Eight candidates have already declared they will run for the Democratic presidential nomination. Here is a description of four among the favorites for now.

Elizabeth Warren, the Bane of Wall Street

She was the first of the big names from the Democratic Party to declare herself a candidate. She launched her campaign on Dec. 31, 2018, and has since made a series of public appearances.* A lawyer by training, she made a name for herself with her commitment to economic justice, particularly during the 2008 crisis, when she advocated for regulating the banks and denounced financial industry misdeeds, helping to create the Consumer Financial Protection Bureau. In 2012, she became a Massachusetts senator. She is close to Hillary Clinton, and has been one of the fiercest opponents of Donald Trump over the past two years. If a race between Warren and Trump takes place, the duel between them will be explosive. She is one of the president’s prime targets. He has nicknamed her Pocahontas, mocking her for her Native American ancestry.

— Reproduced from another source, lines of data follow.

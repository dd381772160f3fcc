-- ===== src/Retry.antt =====
-- tenacity's `retry` decorator and httpx, as src/p2_satellite uses them: an action is tried until it
-- returns, fails for good, or has been tried often enough, and between two tries there is a wait.
pub mod Attempts
pub mod Requests
use p2_ai_knowledge_graph_fo.Base.{ℕ, suc, Bool, true, false, ◌≡◌}

-- What an action that may raise comes to.
pub data Result (E R : Type 0) : Type 0 where
  raised : E → Result E R
  returned : R → Result E R

-- Whether the action failed with an error that is worth another try.
unfoldable pub is_retryable : {E R : Type 0} → (E → Bool) → Result E R → Bool
is_retryable retry_if (raised e) = retry_if e
is_retryable retry_if (returned r) = false

-- `@retry(retry=retry_if_exception(retry_if), stop=stop_after_attempt(n), wait=…, reraise=True)`, on
-- actions that change a world `W`, the other side of the connection and the clock. The laws are
-- what tenacity documents.
pub record Tenacity (W E R : Type 0) : Type 0 where
  pub retry : (E → Bool) → ℕ → (W → W × Result E R) → W → W × Result E R
  pub wait : W → W
  -- An outcome that is not to be retried ends the call.
  pub settles :
      (retry_if : E → Bool) (n : ℕ) (action : W → W × Result E R) (w : W)
      → is_retryable retry_if (action w).1 ≡ false
      → retry retry_if (suc n) action w ≡ action w
  -- So does the outcome of the last try; with `reraise` its error is raised.
  pub gives_up :
      (retry_if : E → Bool) (action : W → W × Result E R) (w : W)
      → retry retry_if 1 action w ≡ action w
  -- Otherwise it waits and tries again.
  pub tries_again :
      (retry_if : E → Bool) (n : ℕ) (action : W → W × Result E R) (w : W)
      → is_retryable retry_if (action w).1 ≡ true
      → retry retry_if (suc (suc n)) action w ≡ retry retry_if (suc n) action (wait (action w).0)

-- What one request of httpx comes to: the two exceptions that the code names, another one, or a
-- response with its status and body.
pub data Sent (B : Type 0) : Type 0 where
  connect_error : Sent B
  timed_out : Sent B
  other_error : Sent B
  response : ℕ → B → Sent B
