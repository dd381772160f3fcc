-- ===== src/IngestClient.antt =====
-- src/p2_satellite/ingest_client.py: what the satellite pushes to core, with its hashes and retries.
-- httpx's post and sha256 of the canonical JSON are parameters; a response's body stands for its JSON.
pub mod Outcome
use p2_ai_knowledge_graph_fo.Base.{
  ℕ, Bool, true, false, not, ◌&&◌, List, [], ◌∷◌, ◌++◌, map, Text, codes, contains, leb, ltb,
  if◌then◌else◌, list_eq, nat_eq,
}
use p2_ai_knowledge_graph_fo.Traversal.{Derivation}
use p2_ai_knowledge_graph_fo.GraphBuilder.Structure.{Structure, NodeStructure, EdgeStructure}
use p2_ai_knowledge_graph_fo.Retry.{
  Result, raised, returned, Sent, connect_error, timed_out, other_error, response, Tenacity,
}

-- The settings that the module reads, and the two digests: of the four fields in the hash of a derivation,
-- and of a structure's nodes and edges.
pub record Settings : Type 0 where
  pub core_base_url : Text
  pub core_ingest_api_key : Text
  pub sha256_of_derivation : Text → List Text → List Text → Text → Text
  pub sha256_of_structure : List NodeStructure → List EdgeStructure → Text

pub data IngestError (B : Type 0) : Type 0 where
  transient_ingest_error : IngestError B
  permanent_ingest_error : ℕ → B → IngestError B
  value_error : IngestError B
  other : IngestError B

-- A derivation with the two fields that are added to it.
pub record PushedDerivation : Type 0 where
  pub derivation : Derivation
  pub trigger_reason : Text
  pub derivation_hash : Text

pub data Body : Type 0 where
  one : PushedDerivation → Body
  batch : List PushedDerivation → Body
  structure : Structure → Text → Body

pub record PostRequest : Type 0 where
  pub url : Text
  pub body : Body
  pub headers : List (Text × Text)

unfoldable pub is_transient : {B : Type 0} → IngestError B → Bool
is_transient transient_ingest_error = true
is_transient (permanent_ingest_error status body) = false
is_transient value_error = false
is_transient other = false

-- What one try of `_post_with_retry` makes of what was sent.
unfoldable pub answered : {B : Type 0} → Sent B → Result (IngestError B) B
answered connect_error = raised transient_ingest_error
answered timed_out = raised transient_ingest_error
answered other_error = raised other
answered (response status body) =
    if leb 500 status
    then raised transient_ingest_error
    else if leb 400 status && ltb status 500
    then raised (permanent_ingest_error status body)
    else returned body

unfoldable pub compute_derivation_hash : Settings → Derivation → Text
compute_derivation_hash settings d =
    settings.sha256_of_derivation d.ai_system_id d.derived_obligations d.derived_controls
      d.methodology_version

unfoldable pub compute_structure_hash : Settings → Structure → Text
compute_structure_hash settings s = settings.sha256_of_structure s.nodes s.edges

abbrev pub trigger_reasons : List Text
trigger_reasons = codes "event" ∷ codes "scheduled" ∷ []

unfoldable pub pushed : Settings → Text → Derivation → PushedDerivation
pushed settings trigger_reason d = record {
  derivation = d;
  trigger_reason = trigger_reason;
  derivation_hash = compute_derivation_hash settings d;
}

unfoldable pub authorization : Settings → Text × Text
authorization settings = (codes "Authorization", codes "Bearer " ++ settings.core_ingest_api_key)

abbrev pub json_content : Text × Text
json_content = (codes "Content-Type", codes "application/json")

unfoldable pub derivation_request : Settings → Text → Derivation → PostRequest
derivation_request settings trigger_reason d = record {
  url = settings.core_base_url ++ codes "/api/v1/patent-ingest/p2/obligation-derivation";
  body = one (pushed settings trigger_reason d);
  headers =
      authorization settings
      ∷ (codes "Idempotency-Key", compute_derivation_hash settings d)
      ∷ json_content
      ∷ [];
}

unfoldable pub batch_request : Settings → Text → List Derivation → PostRequest
batch_request settings trigger_reason derivations = record {
  url = settings.core_base_url ++ codes "/api/v1/patent-ingest/p2/obligation-derivations/batch";
  body = batch (map (pushed settings trigger_reason) derivations);
  headers = authorization settings ∷ json_content ∷ [];
}

unfoldable pub structure_request : Settings → Structure → PostRequest
structure_request settings s = record {
  url = settings.core_base_url ++ codes "/api/v1/patent-ingest/p2/graph-structure";
  body = structure s (compute_structure_hash settings s);
  headers =
      authorization settings
      ∷ (codes "Idempotency-Key", compute_structure_hash settings s)
      ∷ json_content
      ∷ [];
}

module _ {W B : Type 0} (settings : Settings) (post : PostRequest → W → W × Sent B)
    (t : Tenacity W (IngestError B) B) where
  -- One try: the world after it, and what it comes to.
  unfoldable pub post_once : PostRequest → W → W × Result (IngestError B) B
  post_once request w = let (w', sent) = post request w in (w', answered sent)

  unfoldable pub post_with_retry : PostRequest → W → W × Result (IngestError B) B
  post_with_retry request w = t.retry is_transient 3 (post_once request) w

  unfoldable pub push_derivation : Derivation → Text → W → W × Result (IngestError B) B
  push_derivation d trigger_reason w =
      if not (contains trigger_reason trigger_reasons)
      then (w, raised value_error)
      else post_with_retry (derivation_request settings trigger_reason d) w

  -- `no_results` is `{"results": []}`.
  unfoldable pub push_derivations_batch :
      B → List Derivation → Text → W → W × Result (IngestError B) B
  push_derivations_batch no_results derivations trigger_reason w =
      if not (contains trigger_reason trigger_reasons)
      then (w, raised value_error)
      else elim derivations [
        | [] ↦ (w, returned no_results)
        | d ∷ ds ↦ post_with_retry (batch_request settings trigger_reason (d ∷ ds)) w
      ]

  unfoldable pub push_graph_structure : Structure → W → W × Result (IngestError B) B
  push_graph_structure s w = post_with_retry (structure_request settings s) w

Kamala Harris, Rising Star

The senator from California is no longer hiding her presidential ambitions. She made her candidacy official on Jan. 21. Serving as attorney general in her state, Harris started her political career later in life, winning election to the Senate in 2016 at the age of 52. With a dazzling trajectory, she is now one of the best positioned candidates looking ahead to 2020. Born to an Indian mother and Jamaican father, she would be the first African-American woman elected to the White House. Therefore, like Barack Obama before her, she is a target for the far right, which questions her American nationality. Before even announcing her candidacy, she was one of the most active Democrats on the internet. Recently, she has worked on her ability to rally people by campaigning on behalf of “Medicare for all” and extending a hand to the left wing of the party. She has also defended Alexandria Ocasio-Cortez, the young representative from New York who has been attacked by the Republican majority.

Kirsten Gillibrand, Feminist Figure

At 52, the New York senator and a defense attorney by training, is a feminist icon at the forefront of the #MeToo campaign. Elected to Congress in 2006, she is a supporter of Hillary Clinton, whom she replaced in the Senate and for whom she worked during Hillary’s last presidential campaign. Gillibrand launched her own campaign by emphasizing social justice and her passion for improving the education system. However, her opponents have not missed the opportunity to highlight the ambiguity she brings. She started her career defending the interests of Philip Morris, opposed the regulation of firearms in the past and spoke against immigration, voting for cuts to federal funds for so-called sanctuary cities. In response, Gillibrand said that as a New York congresswoman, she had to take into account the views of a diverse group of voters.

Julian Castro, the Southern Latino

Raised in a modest family of activists of Mexican origin, Julian Castro could be the Latino candidate observers have been waiting for for years. At 44 years old, the former mayor of San Antonio, Texas, and Stanford and Harvard graduate symbolizes the changing South. He is multicultural even though he does not speak Spanish fluently. He has already had a successful political career. Elected at the age of 26, he has also held the post of secretary of housing and urban development in the Obama administration. Castro campaigns with his twin brother, Joaquin, who is a representative from Texas, promising an increase in the minimum wage and the protection of minorities. However, he will have to fight the image of being too plain; some consider him weak in a campaign where the blows risk coming thick and fast. In addition, he could face difficulty from the candidacy of another Texan, Beto O’Rourke, who is from the same generation as he is. Castro recognizes that he is not the favorite.

*Editor’s note: Elizabeth Warren announced she was forming a presidential exploratory committee, which allows her to raise money and fill staff positions before a formal start of her presidential bid.